● **Problem description**: These entries are to be retyped in full, word for word.

[Stored data]
****

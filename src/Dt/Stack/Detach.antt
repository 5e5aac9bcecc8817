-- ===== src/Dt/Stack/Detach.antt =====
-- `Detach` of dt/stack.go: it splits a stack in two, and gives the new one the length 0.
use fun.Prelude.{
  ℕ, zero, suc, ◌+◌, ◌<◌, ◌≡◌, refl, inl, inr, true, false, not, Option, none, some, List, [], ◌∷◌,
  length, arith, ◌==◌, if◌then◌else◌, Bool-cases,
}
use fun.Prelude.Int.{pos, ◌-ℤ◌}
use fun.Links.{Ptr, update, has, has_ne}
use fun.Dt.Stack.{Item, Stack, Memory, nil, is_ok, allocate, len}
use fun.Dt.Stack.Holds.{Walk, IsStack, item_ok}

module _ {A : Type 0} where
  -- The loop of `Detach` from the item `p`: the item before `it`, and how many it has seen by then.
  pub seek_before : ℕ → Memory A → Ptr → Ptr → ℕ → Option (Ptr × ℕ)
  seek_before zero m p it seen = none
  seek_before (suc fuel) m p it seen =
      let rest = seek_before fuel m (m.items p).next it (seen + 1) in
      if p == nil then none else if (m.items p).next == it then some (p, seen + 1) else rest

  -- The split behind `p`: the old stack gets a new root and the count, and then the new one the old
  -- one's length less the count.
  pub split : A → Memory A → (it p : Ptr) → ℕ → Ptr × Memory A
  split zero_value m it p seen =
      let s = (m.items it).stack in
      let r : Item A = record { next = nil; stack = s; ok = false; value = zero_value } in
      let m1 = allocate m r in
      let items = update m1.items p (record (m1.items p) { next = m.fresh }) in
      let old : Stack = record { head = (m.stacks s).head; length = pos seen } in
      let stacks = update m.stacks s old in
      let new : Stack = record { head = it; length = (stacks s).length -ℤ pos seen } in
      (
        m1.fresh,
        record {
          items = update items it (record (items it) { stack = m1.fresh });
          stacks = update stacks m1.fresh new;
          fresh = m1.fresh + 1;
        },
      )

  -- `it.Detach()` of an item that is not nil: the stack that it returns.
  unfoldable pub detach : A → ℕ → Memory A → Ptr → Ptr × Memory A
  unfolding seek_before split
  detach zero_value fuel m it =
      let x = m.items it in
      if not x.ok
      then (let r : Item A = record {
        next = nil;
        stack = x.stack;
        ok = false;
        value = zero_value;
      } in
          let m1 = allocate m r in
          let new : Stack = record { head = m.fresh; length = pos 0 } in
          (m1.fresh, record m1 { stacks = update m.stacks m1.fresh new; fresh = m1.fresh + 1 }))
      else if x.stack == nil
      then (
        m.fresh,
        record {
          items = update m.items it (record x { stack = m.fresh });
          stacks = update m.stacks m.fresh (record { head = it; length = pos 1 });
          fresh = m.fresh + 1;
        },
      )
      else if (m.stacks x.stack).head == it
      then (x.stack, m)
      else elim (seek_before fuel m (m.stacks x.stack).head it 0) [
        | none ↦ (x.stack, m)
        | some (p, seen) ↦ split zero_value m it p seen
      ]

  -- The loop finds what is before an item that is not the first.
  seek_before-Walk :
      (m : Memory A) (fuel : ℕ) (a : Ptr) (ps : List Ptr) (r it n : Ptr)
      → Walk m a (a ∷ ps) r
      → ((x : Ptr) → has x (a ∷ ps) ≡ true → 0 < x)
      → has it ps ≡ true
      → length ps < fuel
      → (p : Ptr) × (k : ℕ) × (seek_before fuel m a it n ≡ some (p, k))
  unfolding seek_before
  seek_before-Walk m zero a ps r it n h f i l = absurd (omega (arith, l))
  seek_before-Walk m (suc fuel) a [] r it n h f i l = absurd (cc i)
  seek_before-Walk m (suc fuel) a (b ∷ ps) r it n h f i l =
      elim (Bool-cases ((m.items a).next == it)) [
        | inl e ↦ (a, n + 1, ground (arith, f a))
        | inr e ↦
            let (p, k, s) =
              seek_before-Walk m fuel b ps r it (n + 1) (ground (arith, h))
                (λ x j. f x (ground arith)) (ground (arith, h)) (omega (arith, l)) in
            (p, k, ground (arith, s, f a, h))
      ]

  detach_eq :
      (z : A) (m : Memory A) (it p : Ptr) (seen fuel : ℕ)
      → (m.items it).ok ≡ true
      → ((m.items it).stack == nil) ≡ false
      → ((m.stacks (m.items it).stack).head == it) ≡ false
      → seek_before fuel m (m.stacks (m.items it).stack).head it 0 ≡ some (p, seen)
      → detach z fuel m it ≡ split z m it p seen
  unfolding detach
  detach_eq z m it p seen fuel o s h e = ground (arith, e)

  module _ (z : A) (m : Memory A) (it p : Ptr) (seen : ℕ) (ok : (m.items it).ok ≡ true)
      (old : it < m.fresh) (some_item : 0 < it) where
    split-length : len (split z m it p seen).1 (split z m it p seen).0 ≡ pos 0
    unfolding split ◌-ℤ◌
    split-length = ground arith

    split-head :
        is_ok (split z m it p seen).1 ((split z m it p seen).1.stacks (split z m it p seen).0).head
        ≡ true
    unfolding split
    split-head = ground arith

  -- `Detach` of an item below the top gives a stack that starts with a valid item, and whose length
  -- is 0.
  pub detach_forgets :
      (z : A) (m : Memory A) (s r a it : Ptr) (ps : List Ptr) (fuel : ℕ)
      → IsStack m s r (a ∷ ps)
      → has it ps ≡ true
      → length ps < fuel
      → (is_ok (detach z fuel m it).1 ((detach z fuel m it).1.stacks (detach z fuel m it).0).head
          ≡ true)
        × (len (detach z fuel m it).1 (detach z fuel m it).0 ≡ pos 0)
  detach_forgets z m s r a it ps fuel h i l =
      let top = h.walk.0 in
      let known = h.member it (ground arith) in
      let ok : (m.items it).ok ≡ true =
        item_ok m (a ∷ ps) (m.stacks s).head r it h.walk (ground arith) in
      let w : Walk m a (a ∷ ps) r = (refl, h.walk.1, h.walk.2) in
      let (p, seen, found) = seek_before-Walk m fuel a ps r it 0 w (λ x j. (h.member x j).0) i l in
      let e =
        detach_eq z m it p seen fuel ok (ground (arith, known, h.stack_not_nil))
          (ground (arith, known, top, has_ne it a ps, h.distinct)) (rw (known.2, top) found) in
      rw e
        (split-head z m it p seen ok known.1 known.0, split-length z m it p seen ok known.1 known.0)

****

● **Solution**:
filename src/Dt/Stack/Detach.antt
repository 5e5aac9bcecc8817
-- ===== src/Dt/Stack/Detach.antt =====
-- `Detach` of dt/stack.go: it splits a stack in two, and gives the new one the length 0.
use fun.Prelude.{
  ℕ, zero, suc, ◌+◌, ◌<◌, ◌≡◌, refl, inl, inr, true, false, not, Option, none, some, List, [], ◌∷◌,
  length, arith, ◌==◌, if◌then◌else◌, Bool-cases,
}
use fun.Prelude.Int.{pos, ◌-ℤ◌}
use fun.Links.{Ptr, update, has, has_ne}
use fun.Dt.Stack.{Item, Stack, Memory, nil, is_ok, allocate, len}
use fun.Dt.Stack.Holds.{Walk, IsStack, item_ok}

module _ {A : Type 0} where
  -- The loop of `Detach` from the item `p`: the item before `it`, and how many it has seen by then.
  pub seek_before : ℕ → Memory A → Ptr → Ptr → ℕ → Option (Ptr × ℕ)
  seek_before zero m p it seen = none
  seek_before (suc fuel) m p it seen =
      let rest = seek_before fuel m (m.items p).next it (seen + 1) in
      if p == nil then none else if (m.items p).next == it then some (p, seen + 1) else rest

  -- The split behind `p`: the old stack gets a new root and the count, and then the new one the old
  -- one's length less the count.
  pub split : A → Memory A → (it p : Ptr) → ℕ → Ptr × Memory A
  split zero_value m it p seen =
      let s = (m.items it).stack in
      let r : Item A = record { next = nil; stack = s; ok = false; value = zero_value } in
      let m1 = allocate m r in
      let items = update m1.items p (record (m1.items p) { next = m.fresh }) in
      let old : Stack = record { head = (m.stacks s).head; length = pos seen } in
      let stacks = update m.stacks s old in
      let new : Stack = record { head = it; length = (stacks s).length -ℤ pos seen } in
      (
        m1.fresh,
        record {
          items = update items it (record (items it) { stack = m1.fresh });
          stacks = update stacks m1.fresh new;
          fresh = m1.fresh + 1;
        },
      )

  -- `it.Detach()` of an item that is not nil: the stack that it returns.
  unfoldable pub detach : A → ℕ → Memory A → Ptr → Ptr × Memory A
  unfolding seek_before split
  detach zero_value fuel m it =
      let x = m.items it in
      if not x.ok
      then (let r : Item A = record {
        next = nil;
        stack = x.stack;
        ok = false;
        value = zero_value;
      } in
          let m1 = allocate m r in
          let new : Stack = record { head = m.fresh; length = pos 0 } in
          (m1.fresh, record m1 { stacks = update m.stacks m1.fresh new; fresh = m1.fresh + 1 }))
      else if x.stack == nil
      then (
        m.fresh,
        record {
          items = update m.items it (record x { stack = m.fresh });
          stacks = update m.stacks m.fresh (record { head = it; length = pos 1 });
          fresh = m.fresh + 1;
        },
      )
      else if (m.stacks x.stack).head == it
      then (x.stack, m)
      else elim (seek_before fuel m (m.stacks x.stack).head it 0) [
        | none ↦ (x.stack, m)
        | some (p, seen) ↦ split zero_value m it p seen
      ]

  -- The loop finds what is before an item that is not the first.
  seek_before-Walk :
      (m : Memory A) (fuel : ℕ) (a : Ptr) (ps : List Ptr) (r it n : Ptr)
      → Walk m a (a ∷ ps) r
      → ((x : Ptr) → has x (a ∷ ps) ≡ true → 0 < x)
      → has it ps ≡ true
      → length ps < fuel
      → (p : Ptr) × (k : ℕ) × (seek_before fuel m a it n ≡ some (p, k))
  unfolding seek_before
  seek_before-Walk m zero a ps r it n h f i l = absurd (omega (arith, l))
  seek_before-Walk m (suc fuel) a [] r it n h f i l = absurd (cc i)
  seek_before-Walk m (suc fuel) a (b ∷ ps) r it n h f i l =
      elim (Bool-cases ((m.items a).next == it)) [
        | inl e ↦ (a, n + 1, ground (arith, f a))
        | inr e ↦
            let (p, k, s) =
              seek_before-Walk m fuel b ps r it (n + 1) (ground (arith, h))
                (λ x j. f x (ground arith)) (ground (arith, h)) (omega (arith, l)) in
            (p, k, ground (arith, s, f a, h))
      ]

  detach_eq :
      (z : A) (m : Memory A) (it p : Ptr) (seen fuel : ℕ)
      → (m.items it).ok ≡ true
      → ((m.items it).stack == nil) ≡ false
      → ((m.stacks (m.items it).stack).head == it) ≡ false
      → seek_before fuel m (m.stacks (m.items it).stack).head it 0 ≡ some (p, seen)
      → detach z fuel m it ≡ split z m it p seen
  unfolding detach
  detach_eq z m it p seen fuel o s h e = ground (arith, e)

  module _ (z : A) (m : Memory A) (it p : Ptr) (seen : ℕ) (ok : (m.items it).ok ≡ true)
      (old : it < m.fresh) (some_item : 0 < it) where
    split-length : len (split z m it p seen).1 (split z m it p seen).0 ≡ pos 0
    unfolding split ◌-ℤ◌
    split-length = ground arith

    split-head :
        is_ok (split z m it p seen).1 ((split z m it p seen).1.stacks (split z m it p seen).0).head
        ≡ true
    unfolding split
    split-head = ground arith

  -- `Detach` of an item below the top gives a stack that starts with a valid item, and whose length
  -- is 0.
  pub detach_forgets :
      (z : A) (m : Memory A) (s r a it : Ptr) (ps : List Ptr) (fuel : ℕ)
      → IsStack m s r (a ∷ ps)
      → has it ps ≡ true
      → length ps < fuel
      → (is_ok (detach z fuel m it).1 ((detach z fuel m it).1.stacks (detach z fuel m it).0).head
          ≡ true)
        × (len (detach z fuel m it).1 (detach z fuel m it).0 ≡ pos 0)
  detach_forgets z m s r a it ps fuel h i l =
      let top = h.walk.0 in
      let known = h.member it (ground arith) in
      let ok : (m.items it).ok ≡ true =
        item_ok m (a ∷ ps) (m.stacks s).head r it h.walk (ground arith) in
      let w : Walk m a (a ∷ ps) r = (refl, h.walk.1, h.walk.2) in
      let (p, seen, found) = seek_before-Walk m fuel a ps r it 0 w (λ x j. (h.member x j).0) i l in
      let e =
        detach_eq z m it p seen fuel ok (ground (arith, known, h.stack_not_nil))
          (ground (arith, known, top, has_ne it a ps, h.distinct)) (rw (known.2, top) found) in
      rw e
        (split-head z m it p seen ok known.1 known.0, split-length z m it p seen ok known.1 known.0)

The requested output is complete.